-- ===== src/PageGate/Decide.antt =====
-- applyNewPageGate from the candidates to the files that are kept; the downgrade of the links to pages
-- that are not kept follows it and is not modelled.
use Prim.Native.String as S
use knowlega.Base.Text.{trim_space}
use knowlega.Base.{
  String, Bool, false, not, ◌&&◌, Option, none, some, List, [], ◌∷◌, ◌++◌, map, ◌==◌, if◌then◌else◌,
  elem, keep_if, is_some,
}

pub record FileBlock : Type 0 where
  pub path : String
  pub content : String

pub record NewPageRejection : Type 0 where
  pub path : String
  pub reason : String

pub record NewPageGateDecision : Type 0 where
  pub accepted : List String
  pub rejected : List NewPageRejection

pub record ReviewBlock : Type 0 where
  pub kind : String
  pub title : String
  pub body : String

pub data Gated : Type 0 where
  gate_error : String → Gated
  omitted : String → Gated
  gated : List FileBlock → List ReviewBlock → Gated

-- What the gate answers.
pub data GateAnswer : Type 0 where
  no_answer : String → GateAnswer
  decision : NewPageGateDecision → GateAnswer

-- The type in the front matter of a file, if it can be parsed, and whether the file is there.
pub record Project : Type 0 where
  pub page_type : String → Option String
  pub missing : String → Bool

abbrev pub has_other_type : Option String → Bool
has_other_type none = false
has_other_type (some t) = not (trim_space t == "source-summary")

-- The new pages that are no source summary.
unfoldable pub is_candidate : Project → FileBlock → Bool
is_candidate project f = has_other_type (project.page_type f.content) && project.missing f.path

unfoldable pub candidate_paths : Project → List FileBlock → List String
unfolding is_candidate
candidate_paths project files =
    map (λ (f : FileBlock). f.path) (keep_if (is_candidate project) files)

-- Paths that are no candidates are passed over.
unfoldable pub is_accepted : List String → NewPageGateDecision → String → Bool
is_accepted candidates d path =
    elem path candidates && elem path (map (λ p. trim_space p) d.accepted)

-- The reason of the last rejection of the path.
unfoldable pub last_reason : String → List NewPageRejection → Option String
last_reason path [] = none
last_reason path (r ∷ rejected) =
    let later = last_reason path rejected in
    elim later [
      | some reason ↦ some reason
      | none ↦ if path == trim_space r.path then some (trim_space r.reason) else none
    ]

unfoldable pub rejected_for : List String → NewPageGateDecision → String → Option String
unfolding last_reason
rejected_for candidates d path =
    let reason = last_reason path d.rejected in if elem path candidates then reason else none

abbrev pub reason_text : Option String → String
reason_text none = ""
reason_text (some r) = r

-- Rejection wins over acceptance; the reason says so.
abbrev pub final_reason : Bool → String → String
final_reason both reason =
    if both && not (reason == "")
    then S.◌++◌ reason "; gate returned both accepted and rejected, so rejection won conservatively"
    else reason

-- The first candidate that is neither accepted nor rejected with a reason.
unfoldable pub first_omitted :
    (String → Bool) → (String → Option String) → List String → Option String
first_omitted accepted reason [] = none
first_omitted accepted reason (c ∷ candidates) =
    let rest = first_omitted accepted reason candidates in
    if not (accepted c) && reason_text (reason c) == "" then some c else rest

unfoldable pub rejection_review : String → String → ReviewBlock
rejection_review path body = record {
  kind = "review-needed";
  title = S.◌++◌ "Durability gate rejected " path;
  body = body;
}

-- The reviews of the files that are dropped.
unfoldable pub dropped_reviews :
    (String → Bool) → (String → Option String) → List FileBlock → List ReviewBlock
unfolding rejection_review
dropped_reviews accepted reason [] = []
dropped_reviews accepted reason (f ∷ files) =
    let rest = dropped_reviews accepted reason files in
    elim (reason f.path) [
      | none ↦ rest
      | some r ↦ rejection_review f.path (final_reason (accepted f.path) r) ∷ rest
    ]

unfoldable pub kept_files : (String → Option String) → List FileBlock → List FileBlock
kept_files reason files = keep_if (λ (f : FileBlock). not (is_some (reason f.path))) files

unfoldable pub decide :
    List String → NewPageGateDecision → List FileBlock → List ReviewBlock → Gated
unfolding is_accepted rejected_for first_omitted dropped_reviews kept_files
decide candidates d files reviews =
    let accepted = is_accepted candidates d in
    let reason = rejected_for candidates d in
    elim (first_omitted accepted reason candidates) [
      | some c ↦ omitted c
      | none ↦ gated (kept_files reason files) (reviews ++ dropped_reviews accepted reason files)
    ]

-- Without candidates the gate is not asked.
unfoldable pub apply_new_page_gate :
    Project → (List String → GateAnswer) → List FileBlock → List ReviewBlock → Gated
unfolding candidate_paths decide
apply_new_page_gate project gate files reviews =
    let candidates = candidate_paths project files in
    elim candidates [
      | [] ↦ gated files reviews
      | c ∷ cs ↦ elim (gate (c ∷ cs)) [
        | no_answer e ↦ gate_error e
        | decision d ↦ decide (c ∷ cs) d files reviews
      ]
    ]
━━━━━━━━━━━━━━━━━━━━━━━━━━━━━━
[REQUIRED ACTION]
Within the records, tally every line that contains the word "where". Only the resulting number should be given.

[SOLUTION FOR THIS EXERCISE]
7